I just wanted to say hello and see where everyone is. I often feel very outnumbered in a male dominated pasttime. I would really like to hear from other women who love to sail.
Kelly
Venture 2-24 Texas


----------



## TSOJOURNER (Dec 16, 1999)

hi windrunner..i am new to sailing but just wanted to check in with you to talk to an experienced woman sailor! I am 43 with two little boys and am buying a boat this spring for all of us to learn on. I understand about being in a male dominated sport, i taught scuba diving for many years on the east coast and florida keys..I have family in west texas..And i also understand being landlocked here in iowa..but fortunately is a 19,000 square foot lake about an hour from here. So take care and hope to hear from you soon! Erika1


----------



## TSOJOURNER (Dec 16, 1999)

anytips for seasickness..love the water and sailing but am very sensitive to motion and get quesy easily..forget ginger ale and ginger..dont work..know anything about the patches?? Thanks! Erika


----------



## TSOJOURNER (Dec 16, 1999)

Erika, Hi,

Try boat bands.

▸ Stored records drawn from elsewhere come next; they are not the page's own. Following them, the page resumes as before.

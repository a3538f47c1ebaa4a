-- ===== src/Docker/LineWriter/Feed.antt =====
-- internal/docker/logs.go: a line writer that takes one byte at a time, as a reference for Write.
use mathlib.Core.List.{append-nil, append_assoc}
use docker_monitor.Docker.LineWriter.{LineHandler, LineWriter, Outcome, finish_line}
use docker_monitor.Model.{Time}
use docker_monitor.Prelude.{
  Option, [], arith, false, ge→ltb, if◌then◌else◌, length, length-append, ltb, lt→ltb, refl, true,
  ℕ, ◌++◌, ◌+◌, ◌<◌, ◌==◌, ◌∙◌, ◌∷◌, ◌≡◌, ◌≤◌, ◌⊎◌,
}
use docker_monitor.Prelude.Bytes.{Bytes}
use docker_monitor.Prelude.Bytes.Index.{Lacks}

-- A byte that is no newline.
abbrev pub push : ℕ → ℕ → LineWriter → LineWriter
push limit c w =
    if w.truncated
    then w
    else if ltb (length w.buffer) limit
    then record w { buffer = w.buffer ++ c ∷ [] }
    else record w { truncated = true }

-- There is room in the buffer, or the line is being cut: the state in which Write loops.
abbrev pub IsOpen : ℕ → LineWriter → Type 0
IsOpen limit w = (w.truncated ≡ true) ⊎ (length w.buffer < limit)

module _ {S : Type 0} (parse_time : Bytes → Option Time) (handler : LineHandler S) (limit : ℕ) where
  unfoldable pub feed : Bytes → LineWriter → S → Outcome S
  feed [] w s = ([], (w, s))
  feed (c ∷ cs) w s = elim (c == b'\n') [
    | true ↦ finish_line parse_time handler w w.truncated (feed cs) s
    | false ↦ feed cs (push limit c w) s
  ]

  -- Bytes that are thrown away.
  pub feed-skip :
      (cs rest : Bytes) (w : LineWriter) (s : S)
      → Lacks b'\n' cs
      → w.truncated ≡ true
      → feed (cs ++ rest) w s ≡ feed rest w s
  unfolding feed
  feed-skip [] rest w s h t = refl
  feed-skip (c ∷ cs) rest w s h t =
      let same : push limit c w ≡ w = simp t in
      rw (h.0, feed) (rw same (feed-skip cs rest w s h.1 t))

  -- Bytes that fit.
  pub feed-fill :
      (cs rest : Bytes) (w : LineWriter) (s : S)
      → Lacks b'\n' cs
      → w.truncated ≡ false
      → length w.buffer + length cs ≤ limit
      → feed (cs ++ rest) w s ≡ feed rest (record w { buffer = w.buffer ++ cs }) s
  unfolding feed
  feed-fill [] rest w s h t fits = rw (append-nil w.buffer)
  feed-fill (c ∷ cs) rest w s h t fits =
      let room : ltb (length w.buffer) limit ≡ true = lt→ltb _ _ (omega arith) in
      let next : LineWriter = record w { buffer = w.buffer ++ c ∷ [] } in
      let same : push limit c w ≡ next = simp (t, room) in
      rw (h.0, feed)
        (rw same (
          feed-fill cs rest next s h.1 t (omega (arith, length-append w.buffer (c ∷ [])))
          ∙ simp append_assoc))

  -- A newline ends the line.
  pub feed_newline :
      (rest : Bytes) (w : LineWriter) (s : S)
      → feed (b'\n' ∷ rest) w s ≡ finish_line parse_time handler w w.truncated (feed rest) s
  unfolding feed
  feed_newline rest w s = refl

  -- The first byte that does not fit begins the cut.
  pub feed_over :
      (c : ℕ) (cs : Bytes) (w : LineWriter) (s : S)
      → (c == b'\n') ≡ false
      → w.truncated ≡ false
      → limit ≤ length w.buffer
      → feed (c ∷ cs) w s ≡ feed (c ∷ cs) (record w { truncated = true }) s
  unfolding feed
  feed_over c cs w s h t full =
      let over : ltb (length w.buffer) limit ≡ false = ge→ltb _ _ full in
      rw (h, feed) (simp (t, over))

They are little wrist bans with a small plastic bead that fit snugly on your wrists. Using a theory similar to acupressure, the beads "hit the spot" that helps alleviate motion sickness. Also, NEVER eat anything with tomatoes in it the night before you go sailing. There''s something in the acid that triggers the motion sickness reaction like no other acidic food I know. 

Happy sailing, and welcome to the sport/lifestyle!
Laura Spanton


----------



## Wildheart001 (Mar 23, 2000)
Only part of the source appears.